Here, I am using the same tweets file that I used in the sentiment analysis article. To improve the labeling quality (over VADER), we are using transformer models (feel free to specify the model of your choice) to label it.

7. Text visualization

As the saying goes, a picture is worth a thousand words. We love to visualize things, though this luxury is unavailable with text data compared to images. However, we can use a couple of tools to visualize the word distribution in the text.

Word clouds

Word clouds provide a way of visualizing text datasets by showing the most commonly occurring terms (frequency is proportional to their size, as we will see).

To use word clouds, we need to install the library first.

pip install wordcloud

I will use the AG News dataset here, a diverse collection of over a million news articles.

from datasets import load_dataset
from wordcloud import WordCloud

dataset = load_dataset("ag_news") #Getting dataset from Hugging Face

dataset_plain_text = " ".join(dataset['train']['text']) #COnverting it into plain text for word clouds
wordcloud = WordCloud(width=800, height=400, background_color='white', stopwords='noisy_words').generate(dataset_plain_text)

The dataset, like other Hugging Face datasets, is already split into test and train sets. I will use the training chunk (being the bigger one). Now this word cloud is generated, all we have to do is to show it using Matplotlib

import matplotlib.pyplot as plt

plt.figure(figsize=(10, 5))
plt.imshow(wordcloud, interpolation='bilinear')
plt.axis('off')
plt.show()

As we can see, some common terms are garbage/stop words, which can be weeded out. To uproot them, we will make a list of these garbage terms and specify them as stop words.

noisy_words = ["AP", "quot", "U", "S", "gt", "lt", "b"]
wordcloud = WordCloud(width=800, height=400, background_color='white', stopwords=noisy_words).generate(dataset_plain_text)

As you can see, now we have a better picture of the most frequent terms. I am surprised to see that “on Thursday” or any other weekday news has occurred more than the weekend ones. In fact, we can further refine it by removing these trivial terms (like prepositions and articles) too. The complete code example is copied here for the reference.

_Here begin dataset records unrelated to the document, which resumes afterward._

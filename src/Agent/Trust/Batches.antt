-- ===== src/Agent/Trust/Batches.antt =====
-- `set_trust` recommends every neighbour, in packets of at most MAX_NB.
use ns2_te_aomdv.Base.{
  ℕ, ◌+◌, ◌<◌, ◌≤◌, ◌≡◌, refl, sym, ap, ◌∙◌, true, false, List, [], ◌∷◌, ◌++◌, map, length,
  length-append, All, ◌==◌, arith, Bool-cases, inl, inr, Double, ◌⊗◌, Outcome, done,
}
use ns2_te_aomdv.Packet.{Recommen, rcom, max_nb, ip_broadcast}
use ns2_te_aomdv.Neighbor.{Neighbor}
use ns2_te_aomdv.Agent.State.{Env, Agent, Effect, scheduled, ◌>>=◌}
use ns2_te_aomdv.Agent.Send.{control_packet, send_rcom, send_beacon}
use ns2_te_aomdv.Agent.Trust.{refreshed, empty_rcom, add_nb, flush_full, refresh_all, set_trust}

abbrev pub concat : {A : Type 0} → List (List A) → List A
concat [] = []
concat (xs ∷ xss) = xs ++ concat xss

append_assoc : {A : Type 0} (xs ys zs : List A) → (xs ++ ys) ++ zs ≡ xs ++ (ys ++ zs)
append_assoc [] ys zs = refl
append_assoc (x ∷ xs) ys zs = ap (λ t. x ∷ t) (append_assoc xs ys zs)

nil_of_length : {A : Type 0} (xs : List A) → (length xs == 0) ≡ true → xs ≡ []
nil_of_length [] h = refl
nil_of_length (x ∷ xs) h = ground arith

append_nil : {A : Type 0} (xs : List A) → xs ++ [] ≡ xs
append_nil [] = refl
append_nil (x ∷ xs) = ap (λ t. x ∷ t) (append_nil xs)

module _ {D : Type 0} ⦃fl : Double D⦄ (env : Env D) where
  -- A neighbour's line in a recommendation, and the recommendation as it goes out with the n-th random
  -- number.
  abbrev pub line : Neighbor D → ℕ × D
  line nb = (nb.addr, nb.direct_trust)

  abbrev pub beacon : ℕ → ℕ → Recommen D → Effect D
  beacon index n rc =
      scheduled
        (record (control_packet env env.blank (rcom rc) index) { daddr = ip_broadcast; ttl = 1 })
        (fl.lit 1 10 ⊗ env.uniform n)

  -- The effects after recommendations, the newest first.
  abbrev pub beacons : ℕ → ℕ → List (Recommen D) → List (Effect D) → List (Effect D)
  beacons index n [] es = es
  beacons index n (rc ∷ rcs) es = beacons index (n + 1) rcs (beacon index n rc ∷ es)

  abbrev pub IsBatch : Recommen D → Type 0
  IsBatch rc = (0 < length rc.nbs) × (length rc.nbs ≤ max_nb)

  record Batches (nbs : List (Neighbor D)) (rc : Recommen D) (s : Agent D)
      (run : Outcome (List (Neighbor D) × Agent D)) : Type 0 where
    batches : List (Recommen D)
    after : Agent D
    ends : run ≡ done (map (refreshed env) nbs, after)
    same_table : after.rtable ≡ s.rtable
    sends : after.effects ≡ beacons s.index s.draws batches s.effects
    complete : concat (map (λ r. r.nbs) batches) ≡ rc.nbs ++ map line (map (refreshed env) nbs)
    sizes : All IsBatch batches

  -- What `set_trust` does.
  pub record Recommends (s : Agent D) (run : Outcome (Unit {0} × Agent D)) : Type 0 where
    batches : List (Recommen D)
    after : Agent D
    returns : run ≡ done (tt, after)
    computed : after.nbhead ≡ map (refreshed env) s.nbhead
    same_table : after.rtable ≡ s.rtable
    sends : after.effects ≡ beacons s.index s.draws batches s.effects
    complete : concat (map (λ r. r.nbs) batches) ≡ map line (map (refreshed env) s.nbhead)
    sizes : All IsBatch batches

  length-add_nb :
      (nb : Neighbor D) (rc : Recommen D) → length (add_nb env nb rc).nbs ≡ length rc.nbs + 1
  unfolding add_nb
  length-add_nb nb rc = length-append rc.nbs (line nb ∷ [])

  abbrev sent : Recommen D → Agent D → Agent D
  sent rc s = record s { draws = s.draws + 1; effects = beacon s.index s.draws rc ∷ s.effects }

  send_rcom_lem : (rc : Recommen D) (s : Agent D) → send_rcom env rc s ≡ done (tt, sent rc s)
  unfolding send_rcom send_beacon control_packet
  send_rcom_lem rc s = refl

  -- A full recommendation and what comes after it.
  batch-Batches :
      (nb : Neighbor D) (nbs : List (Neighbor D)) (rc : Recommen D) (s : Agent D)
      → length (add_nb env (refreshed env nb) rc).nbs ≡ max_nb
      → Batches nbs
          (empty_rcom env)
          (sent (add_nb env (refreshed env nb) rc) s)
          (refresh_all env nbs (empty_rcom env) (sent (add_nb env (refreshed env nb) rc) s))
      → Batches (nb ∷ nbs) rc s (refresh_all env (nb ∷ nbs) rc s)
  unfolding refresh_all flush_full add_nb
  batch-Batches nb nbs rc s full r = record {
    batches = add_nb env (refreshed env nb) rc ∷ r.batches;
    after = r.after;
    ends = rw (full, ◌>>=◌, send_rcom_lem) (rw (◌>>=◌, r.ends) refl);
    same_table = r.same_table;
    sends = r.sends;
    complete =
        ap (λ t. (add_nb env (refreshed env nb) rc).nbs ++ t) r.complete
        ∙ append_assoc rc.nbs (line (refreshed env nb) ∷ []) (map line (map (refreshed env) nbs));
    sizes = ((omega arith, omega arith), r.sizes);
  }

  more-Batches :
      (nb : Neighbor D) (nbs : List (Neighbor D)) (rc : Recommen D) (s : Agent D)
      → (length (add_nb env (refreshed env nb) rc).nbs == max_nb) ≡ false
      → Batches nbs
          (add_nb env (refreshed env nb) rc)
          s
          (refresh_all env nbs (add_nb env (refreshed env nb) rc) s)
      → Batches (nb ∷ nbs) rc s (refresh_all env (nb ∷ nbs) rc s)
  unfolding refresh_all flush_full add_nb
  more-Batches nb nbs rc s some_room r = record {
    batches = r.batches;
    after = r.after;
    ends = rw (some_room, ◌>>=◌) (rw (◌>>=◌, r.ends) refl);
    same_table = r.same_table;
    sends = r.sends;
    complete =
        r.complete
        ∙ append_assoc rc.nbs (line (refreshed env nb) ∷ []) (map line (map (refreshed env) nbs));
    sizes = r.sizes;
  }

  refresh_all_lem :
      (nbs : List (Neighbor D)) (rc : Recommen D) (s : Agent D)
      → length rc.nbs < max_nb
      → Batches nbs rc s (refresh_all env nbs rc s)
  unfolding refresh_all
  refresh_all_lem [] rc s l = elim (Bool-cases (length rc.nbs == 0)) [
    | inl none_left ↦ record {
      batches = [];
      after = s;
      ends = ground arith;
      same_table = refl;
      sends = refl;
      complete = sym (append_nil rc.nbs ∙ nil_of_length rc.nbs none_left);
      sizes = tt;
    }
    | inr some_left ↦ record {
      batches = rc ∷ [];
      after = sent rc s;
      ends = ground (arith, send_rcom_lem rc s);
      same_table = refl;
      sends = refl;
      complete = refl;
      sizes = ((ground arith, omega arith), tt);
    }
  ]
  refresh_all_lem (nb ∷ nbs) rc s l =
      let rc1 : Recommen D = add_nb env (refreshed env nb) rc in
      elim (Bool-cases (length rc1.nbs == max_nb)) [
        | inl full ↦
            batch-Batches nb nbs rc s (ground arith)
              (refresh_all_lem nbs (empty_rcom env) (sent rc1 s) (omega arith))
        | inr some_room ↦
            more-Batches nb nbs rc s some_room
              (refresh_all_lem nbs rc1 s (ground (arith, length-add_nb (refreshed env nb) rc)))
      ]

  -- `set_trust` returns, with the trust of every neighbour computed, the table as it was, and
  -- recommendations sent, each of at least 1 and at most MAX_NB neighbours: one after the other they
  -- hold each neighbour once, with its direct trust, in the order of the list.
  pub set_trust-Recommends : (s : Agent D) → Recommends s (set_trust env s)
  unfolding set_trust
  set_trust-Recommends s =
      let r : Batches s.nbhead (empty_rcom env) s (refresh_all env s.nbhead (empty_rcom env) s) =
        refresh_all_lem s.nbhead (empty_rcom env) s (omega arith) in
      record {
        batches = r.batches;
        after = record (r.after) { nbhead = map (refreshed env) s.nbhead };
        returns = rw (◌>>=◌, r.ends) refl;
        computed = refl;
        same_table = r.same_table;
        sends = r.sends;
        complete = r.complete;
        sizes = r.sizes;
      }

from datasets import load_dataset
from wordcloud import WordCloud
import matplotlib.pyplot as plt

dataset = load_dataset("ag_news")
dataset_plain_text = " ".join(dataset['train']['text'])
noisy_words = ["AP", "quot", "U", "S", "gt", "lt", "b"] #Feel free to change or mute them
wordcloud = WordCloud(width=800, height=400, background_color='white', stopwords=noisy_words).generate(dataset_plain_text)

plt.figure(figsize=(10, 5))
plt.imshow(wordcloud, interpolation='bilinear')
plt.axis('off')
plt.show()

Bar plots and histograms

While these word clouds are good, they don’t provide the statistical precision and insights that charts do. If we create a chart to see which terms are most frequent, we can use the Counter class.

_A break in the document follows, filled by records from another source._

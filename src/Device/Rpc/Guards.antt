-- ===== src/Device/Rpc/Guards.antt =====
-- What a request can reach at CRPCClient without a valid token, and without the authority of an admin.
use Prim.Native.String.{String}
use shuchuang.Shared.{◌≡◌, refl, ap, true, false, some, arith, ◌==◌, string_key, ◌⊎◌, inl, inr}
use shuchuang.Shared.Int.{ℤ, int_key}
use shuchuang.Shared.Outcome.{Action, ok, failed}
use shuchuang.Shared.Poco.{Json, Digest, Sqlite}
use shuchuang.Device.UserTable.{UserRecordNode}
use shuchuang.Device.World.{World, steps}
use shuchuang.Device.Users.{verify_user}
use shuchuang.Device.Rpc.{
  Parsed, object, bad, lacks_key, run_task, run_parsed, is_response, answer_request, serve_request,
  serve_named, serve_parsed, respond, parse_action, SystemHandlers, serve, serve_other, route,
  refuse, is_admin,
}

module _ {O : Type 0} ⦃j : Json O⦄ ⦃q : Sqlite UserRecordNode⦄ ⦃g : Digest⦄
    (system : SystemHandlers O) where
  -- A request that lacks nothing has a type.
  has_type : (request : O) → lacks_key request ≡ false → j.has request "type" ≡ true
  has_type request k = ground (arith, k)

  -- A request to another component than "user" whose token no valid user carries is refused with
  -- "402", and nothing changes.
  pub serve_invalid_token :
      (component method token : String) (o : O) (w : World O)
      → (component == "user") ≡ false
      → w.param ≡ some o
      → j.has o "token" ≡ true
      → j.get_string o "token" ≡ some token
      → verify_user token w.now w.users.table ≡ false
      → serve system component method w ≡ (failed "402", w)
  unfolding serve serve_other steps
  serve_invalid_token component method token o w c e h t v = rw (c, e, h, t, v) refl

  -- The components "task" and "system" serve admins only: another user is refused with "403", and
  -- only the token is removed from the parameter.
  pub serve_not_admin :
      (component method token : String) (o : O) (w : World O)
      → (component ≡ "task") ⊎ (component ≡ "system")
      → w.param ≡ some o
      → j.has o "token" ≡ true
      → j.get_string o "token" ≡ some token
      → verify_user token w.now w.users.table ≡ true
      → is_admin token w ≡ false
      → serve system component method w
        ≡ (failed "403", record w { param = some (j.remove o "token") })
  unfolding serve serve_other route refuse steps
  serve_not_admin component method token o w (inl n) e h t v a = rw (n, e, h, t, v, a) refl
  serve_not_admin component method token o w (inr n) e h t v a = rw (n, e, h, t, v, a) refl

  -- A failure is answered with its detail.
  respond_failed :
      (action d : String) (id : ℤ) (m : Action (World O) (Unit {0})) (w w' : World O)
      → m w ≡ (failed d, w')
      → respond action id m w ≡ (ok (bad action id d), w')
  unfolding respond
  respond_failed action d id m w w' e =
      rw (respond, ap (λ r. r.0) e) (ap (λ r. (ok (bad action id d), r.1)) e)

  -- A whole request of the server to another component than "user", with every field and a token
  -- that no valid user carries, is answered with its action, its number and "402"; nothing but the
  -- parameter that it brings is written.
  pub run_task_invalid_token :
      (parse : String → Parsed O) (text type action param component method token : String) (id : ℤ)
      (request o : O) (w : World O)
      → parse text ≡ object request
      → lacks_key request ≡ false
      → j.get_string request "type" ≡ some type
      → (type == "response") ≡ false
      → j.get_string request "action" ≡ some action
      → j.get_string request "param" ≡ some param
      → j.get_int request "requestid" ≡ some id
      → parse_action action ≡ some (component, method)
      → (component == "user") ≡ false
      → parse param ≡ object o
      → j.has o "token" ≡ true
      → j.get_string o "token" ≡ some token
      → verify_user token w.now w.users.table ≡ false
      → run_task system parse text w ≡ (ok (bad action id "402"), record w { param = some o })
  unfolding run_task run_parsed is_response answer_request serve_request serve_named serve_parsed
      steps
  run_task_invalid_token parse text type action param component method token id request o w p k ty
        nr ac pa rid pac c po h t v =
      let sent = record w { param = some o } in
      rw (p, has_type request k, ty, nr, k, ac, pa, rid, pac, po)
        (respond_failed action "402" id (serve system component method) sent sent
          (serve_invalid_token component method token o sent c refl h t v))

from collections import Counter

words = dataset_plain_text.lower().split()  
word_counts = Counter(words)

df = pd.DataFrame(word_counts.items(), columns=['Word', 'Frequency']).sort_values(by='Frequency', ascending=False).head(20)

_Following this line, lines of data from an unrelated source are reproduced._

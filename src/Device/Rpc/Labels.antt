-- ===== src/Device/Rpc/Labels.antt =====
-- The action and the number of the answers of CRPCClient, Src/Device/RPC/RPCClient.cpp.
use Prim.Native.String.{String}
use shuchuang.Shared.{
  ◌≡◌, refl, Bool, true, false, Option, none, some, arith, ◌==◌, string_key, if◌then◌else◌,
}
use shuchuang.Shared.Int.{ℤ, pos, int_key}
use shuchuang.Shared.Outcome.{Action, ok, ◌>>=◌}
use shuchuang.Shared.Outcome.Gives.{Gives}
use shuchuang.Shared.Poco.{Json, Digest, Sqlite}
use shuchuang.Device.UserTable.{UserRecordNode}
use shuchuang.Device.World.{World, write_param}
use shuchuang.Device.Rpc.{
  Parsed, unreadable, other, object, Response, silent, bad, good, lacks_key, run_task, run_parsed,
  is_response, answer_request, serve_request, serve_named, serve_parsed, respond, parse_action,
  SystemHandlers, serve,
}

-- The action and the number that a response carries.
abbrev pub label : {O : Type 0} → Response O → Option (String × ℤ)
label silent = none
label (good action id o) = some (action, id)
label (bad action id d) = some (action, id)

module _ {O : Type 0} ⦃j : Json O⦄ ⦃q : Sqlite UserRecordNode⦄ ⦃g : Digest⦄
    (system : SystemHandlers O) (action : String) (id : ℤ) where
  abbrev Labelled : Response O → Type 0
  Labelled r = label r ≡ some (action, id)

  respond-label :
      (m : Action (World O) (Unit {0})) (w : World O) → Gives Labelled (respond action id m) w
  unfolding respond
  respond-label m w r e = ground arith

  serve_parsed-label :
      (names : String × String) (p : Parsed O) (w : World O)
      → Gives Labelled (serve_parsed system action id names p) w
  unfolding serve_parsed write_param ◌>>=◌
  serve_parsed-label names unreadable w r e = ground arith
  serve_parsed-label names other w r e = ground arith
  serve_parsed-label names (object o) w r e =
      respond-label (serve system names.0 names.1) (record w { param = some o }) r e

  serve_named-label :
      (parse : String → Parsed O) (text : String) (names : Option (String × String)) (w : World O)
      → Gives Labelled (serve_named system parse action id text names) w
  unfolding serve_named ◌>>=◌
  serve_named-label parse text none w r e = ground arith
  serve_named-label parse text (some names) w r e = serve_parsed-label names (parse text) w r e

  serve_request-label :
      (parse : String → Parsed O) (request : O) (param : Option String) (w : World O)
      → j.get_string request "action" ≡ some action
      → j.get_string request "param" ≡ param
      → j.get_int request "requestid" ≡ some id
      → Gives Labelled (serve_request system parse request) w
  unfolding serve_request ◌>>=◌
  serve_request-label parse request none w a t i r e = (let e' = rw (a, t) at e in ground arith)
  serve_request-label parse request (some text) w a t i r e =
      serve_named-label parse text (parse_action action) w r (rw (a, t, i) at e)

  answered-label :
      (parse : String → Parsed O) (request : O) (b lacks : Bool) (w : World O)
      → lacks_key request ≡ lacks
      → j.get_string request "action" ≡ some action
      → j.get_int request "requestid" ≡ some id
      → Gives
          (λ r.
            label r ≡ (if b then none else if lacks then some ("", pos 0) else some (action, id)))
          (answer_request system parse request b)
          w
  unfolding answer_request ◌>>=◌
  answered-label parse request true lacks w k a i r e = ground arith
  answered-label parse request false true w k a i r e = (let e' = rw k at e in ground arith)
  answered-label parse request false false w k a i r e =
      serve_request-label parse request (j.get_string request "param") w a refl i r (rw k at e)

  -- An answer to an object with a type, an action and a number: none to a response; a request that lacks
  -- an entry is answered without an action, under the number 0; every other answer, whether it went well
  -- or not, has the action and the number of its request.
  pub run_task-label :
      (parse : String → Parsed O) (text type : String) (request : O) (w : World O) (r : Response O)
      → parse text ≡ object request
      → j.has request "type" ≡ true
      → j.get_string request "type" ≡ some type
      → j.get_string request "action" ≡ some action
      → j.get_int request "requestid" ≡ some id
      → (run_task system parse text w).0 ≡ ok r
      → label r ≡ (
          if type == "response"
          then none
          else if lacks_key request
          then some ("", pos 0)
          else some (action, id))
  unfolding run_task run_parsed is_response ◌>>=◌
  run_task-label parse text type request w r p h t a i e =
      answered-label parse request (type == "response") (lacks_key request) w refl a i r
        (rw (p, h, t) at e)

plt.figure(figsize=(12, 6))
plt.bar(df['Word'],df['Frequency'], color=['green', 'yellow'])
plt.show()

If you try to make this chart without any filtering, it will show the correct bars for each term, but too many terms will end up mingling into each other. Hence, it's a better choice to check only the top 10 or 20 terms.

As we can see, it's dominated by trivial terms like prepositions and articles (and no linguist would disagree there). To make it more meaningful, we can remove these trivial terms as we removed them for word clouds.

Get started with text analysis

Text analysis offers an accessible path into data science, requiring minimal computing power compared to image or video processing. With Python's rich ecosystem of libraries, you can quickly move from basic word counting to sophisticated natural language processing. The abundance of text data from social media, books, and websites lets you practice with real-world examples, starting with basic pattern recognition before exploring advanced techniques and larger datasets as your skills grow.